• Saved data entries:
────────────────────────────────────────
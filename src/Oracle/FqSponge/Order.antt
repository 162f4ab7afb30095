-- ===== src/Oracle/FqSponge/Order.antt =====
-- oracle/src/sponge.rs: the limbs are handed out in order, whatever the sizes of the requests.
use Prim.Native.String.{String}
use proof_systems.Prelude.{
  ℕ, zero, suc, ◌+◌, ◌*◌, ◌≤◌, ◌≡◌, refl, sym, ap, ◌∙◌, true, false, List, [], ◌++◌, length, take,
  drop, leb, leb→le, le→leb, arith, Bool-cases, Bool-ext, ◌⊎◌, inl, inr, length-append, length-drop,
  take-take, drop-drop, take-append_le, drop-append_le,
}
use proof_systems.Outcome.{Outcome, ok, panic, ◌>>=◌, >>=-eq-ok, Outcome-cases}
use proof_systems.Field.{Field}
use proof_systems.Oracle.Constants.{SpongeConstants}
use proof_systems.Oracle.Sponge.{squeeze}
use proof_systems.Oracle.Challenge.{limbs, repr_limbs}
use proof_systems.Oracle.FqSponge.{
  DefaultFqSponge, refill, split_limbs, squeeze_limbs_loop, squeeze_limbs, high_entropy_limbs,
}

-- The state without its first `m` limbs.
abbrev without : {F : Type 0} → ℕ → DefaultFqSponge F → DefaultFqSponge F
without m s = record s { last_squeezed = drop m s.last_squeezed }

same_test :
    (m n : ℕ) (L : List ℕ) → m ≤ length L → leb (m + n) (length L) ≡ leb n (length (drop m L))
same_test m n L h =
    let cut = length-drop m L h in
    Bool-ext _ _ (λ e. le→leb n (length (drop m L)) (let l = leb→le _ _ e in omega arith))
      (λ e. le→leb (m + n) (length L) (let l = leb→le _ _ e in omega arith))

module _ {F : Type 0} ⦃f : Field F⦄ (sc : SpongeConstants) where
  abbrev new_limbs : F → List ℕ
  new_limbs x = take high_entropy_limbs (limbs repr_limbs (f.into_repr x))

  refill-longer :
      (s s' : DefaultFqSponge F)
      → refill sc s ≡ ok s'
      → length s'.last_squeezed ≡ length s.last_squeezed + 2
  unfolding refill limbs
  refill-longer s s' run =
      let ((x, sp), squeezed, e) = >>=-eq-ok (squeeze sc s.sponge) _ run in
      ap (λ t. length (last_of t)) (sym e) ∙ length-append s.last_squeezed (new_limbs x)
    where
      last_of : Outcome (DefaultFqSponge F) → List ℕ
      last_of (ok t) = t.last_squeezed
      last_of (panic e) = []

  -- Any two amounts of fuel that are enough give the same.
  loop-fuel :
      (a b num : ℕ) (s : DefaultFqSponge F)
      → num ≤ length s.last_squeezed + 2 * a
      → num ≤ length s.last_squeezed + 2 * b
      → squeeze_limbs_loop sc a num s ≡ squeeze_limbs_loop sc b num s
  unfolding squeeze_limbs_loop
  loop-fuel zero zero num s h k = refl
  loop-fuel zero (suc b) num s h k = rw (le→leb num (length s.last_squeezed) (omega arith)) refl
  loop-fuel (suc a) zero num s h k = rw (le→leb num (length s.last_squeezed) (omega arith)) refl
  loop-fuel (suc a) (suc b) num s h k = elim (Bool-cases (leb num (length s.last_squeezed))) [
    | inl enough ↦ rw enough refl
    | inr short ↦ elim (Outcome-cases (refill sc s)) [
      | inl (s', run) ↦
          let longer = refill-longer s s' run in
          rw (short, run) (loop-fuel a b num s' (omega arith) (omega arith))
      | inr (e, run) ↦ rw (short, run) refl
    ]
  ]

  -- A refill puts its limbs behind those that are there.
  refill-without :
      (m : ℕ) (s : DefaultFqSponge F)
      → m ≤ length s.last_squeezed
      → ((s' : DefaultFqSponge F) × (refill sc s ≡ ok s')
          × (refill sc (without m s) ≡ ok (without m s'))
          × (take m s'.last_squeezed ≡ take m s.last_squeezed)
          × (length s'.last_squeezed ≡ length s.last_squeezed + 2))
        ⊎ ((e : String) × (refill sc s ≡ panic e) × (refill sc (without m s) ≡ panic e))
  unfolding refill limbs
  refill-without m s h = elim (Outcome-cases (squeeze sc s.sponge)) [
    | inl ((x, sp), e) ↦ inl (
      record { sponge = sp; last_squeezed = s.last_squeezed ++ new_limbs x },
      rw e refl,
      rw e (
          ap (λ t. ok (record { sponge = sp; last_squeezed = t }))
            (sym (drop-append_le m s.last_squeezed (new_limbs x) h))),
      take-append_le m s.last_squeezed (new_limbs x) h,
      length-append s.last_squeezed (new_limbs x),
    )
    | inr (message, e) ↦ inr (message, rw e refl, rw e refl)
  ]

  split :
      (m n : ℕ) (s : DefaultFqSponge F)
      → m ≤ length s.last_squeezed
      → ◌≡◌ {A = Outcome (List ℕ × DefaultFqSponge F)}
          (ok (split_limbs (m + n) s))
          (ok (take m s.last_squeezed ++ take n (drop m s.last_squeezed), without n (without m s)))
  split m n s h =
      ap (λ t. ok (t, without (m + n) s)) (sym (take-take m n s.last_squeezed h))
      ∙ ap
          (λ t. ok (
            take m s.last_squeezed ++ take n (drop m s.last_squeezed),
            record s { last_squeezed = t },
          ))
          (sym (drop-drop m n s.last_squeezed h))

  -- Limbs that are there already, in front of the ones asked for.
  loop-without :
      (fuel m n : ℕ) (s : DefaultFqSponge F)
      → m ≤ length s.last_squeezed
      → squeeze_limbs_loop sc fuel (m + n) s ≡ (
          squeeze_limbs_loop sc fuel n (without m s) >>= λ r.
          ok (take m s.last_squeezed ++ r.0, r.1))
  unfolding squeeze_limbs_loop
  loop-without zero m n s h = elim (Bool-cases (leb n (length (drop m s.last_squeezed)))) [
    | inl enough ↦ rw (same_test m n s.last_squeezed h) (rw enough (split m n s h))
    | inr short ↦ rw (same_test m n s.last_squeezed h) (rw short refl)
  ]
  loop-without (suc fuel) m n s h = elim (Bool-cases (leb n (length (drop m s.last_squeezed)))) [
    | inl enough ↦ rw (same_test m n s.last_squeezed h) (rw enough (split m n s h))
    | inr short ↦ rw (same_test m n s.last_squeezed h) (
        rw short (elim (refill-without m s h) [
          | inl (s', run, run', same, longer) ↦
              rw (run, run')
                (loop-without fuel m n s' (omega arith)
                  ∙ ap
                      (λ t. squeeze_limbs_loop sc fuel n (without m s') >>= λ r. ok (t ++ r.0, r.1))
                      same)
          | inr (e, run, run') ↦ rw (run, run') refl
        ]))
  ]

  loop-here :
      (fuel m : ℕ) (s : DefaultFqSponge F)
      → leb m (length s.last_squeezed) ≡ true
      → squeeze_limbs_loop sc fuel m s ≡ ok (split_limbs m s)
  unfolding squeeze_limbs_loop
  loop-here zero m s e = rw e refl
  loop-here (suc fuel) m s e = rw e refl

  behind :
      (fuel more m n : ℕ) (s : DefaultFqSponge F)
      → m ≤ length s.last_squeezed
      → m + n ≤ length s.last_squeezed + 2 * fuel
      → n ≤ 2 * more
      → squeeze_limbs_loop sc fuel (m + n) s ≡ (
          squeeze_limbs_loop sc more n (without m s) >>= λ r.
          ok (take m s.last_squeezed ++ r.0, r.1))
  behind fuel more m n s inside h k =
      let cut = length-drop m s.last_squeezed inside in
      loop-without fuel m n s inside
      ∙ ap (λ o. o >>= λ r. ok (take m s.last_squeezed ++ r.0, r.1))
          (loop-fuel fuel more n (without m s) (omega arith) (omega arith))

  loop-append :
      (fuel more m n : ℕ) (s : DefaultFqSponge F)
      → m + n ≤ length s.last_squeezed + 2 * fuel
      → n ≤ 2 * more
      → squeeze_limbs_loop sc fuel (m + n) s ≡ (
          squeeze_limbs_loop sc fuel m s >>= λ r.
          squeeze_limbs_loop sc more n r.1 >>= λ t. ok (r.0 ++ t.0, t.1))
  unfolding squeeze_limbs_loop
  loop-append zero more m n s h k =
      rw (loop-here zero m s (le→leb m (length s.last_squeezed) (omega arith)))
        (behind zero more m n s (omega arith) h k)
  loop-append (suc fuel) more m n s h k = elim (Bool-cases (leb m (length s.last_squeezed))) [
    | inl enough ↦
        rw (loop-here (suc fuel) m s enough)
          (behind (suc fuel) more m n s (leb→le m (length s.last_squeezed) enough) h k)
    | inr short ↦
        let none_left : leb (m + n) (length s.last_squeezed) ≡ false = ground arith in
        elim (Outcome-cases (refill sc s)) [
          | inl (s', run) ↦
              let longer = refill-longer s s' run in
              rw (short, none_left, run) (loop-append fuel more m n s' (omega arith) k)
          | inr (e, run) ↦ rw (short, none_left, run) refl
        ]
  ]

  -- Limbs that are asked for in two requests are those of one request.
  pub squeeze_limbs-add :
      (m n : ℕ) (s : DefaultFqSponge F)
      → squeeze_limbs sc (m + n) s
        ≡ (squeeze_limbs sc m s >>= λ r. squeeze_limbs sc n r.1 >>= λ t. ok (r.0 ++ t.0, t.1))
  unfolding squeeze_limbs
  squeeze_limbs-add m n s =
      loop-append (m + n) n m n s (omega arith) (omega arith)
      ∙ ap (λ o. o >>= λ r. squeeze_limbs_loop sc n n r.1 >>= λ t. ok (r.0 ++ t.0, t.1))
          (loop-fuel (m + n) m m s (omega arith) (omega arith))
────────────────────────────────────────
From the line that contains "sc (m + n) s" through the last line of the records above, copy every line exactly and leave out the rest.

      → squeeze_limbs sc (m + n) s
        ≡ (squeeze_limbs sc m s >>= λ r. squeeze_limbs sc n r.1 >>= λ t. ok (r.0 ++ t.0, t.1))
  unfolding squeeze_limbs
  squeeze_limbs-add m n s =
      loop-append (m + n) n m n s (omega arith) (omega arith)
      ∙ ap (λ o. o >>= λ r. squeeze_limbs_loop sc n n r.1 >>= λ t. ok (r.0 ++ t.0, t.1))
          (loop-fuel (m + n) m m s (omega arith) (omega arith))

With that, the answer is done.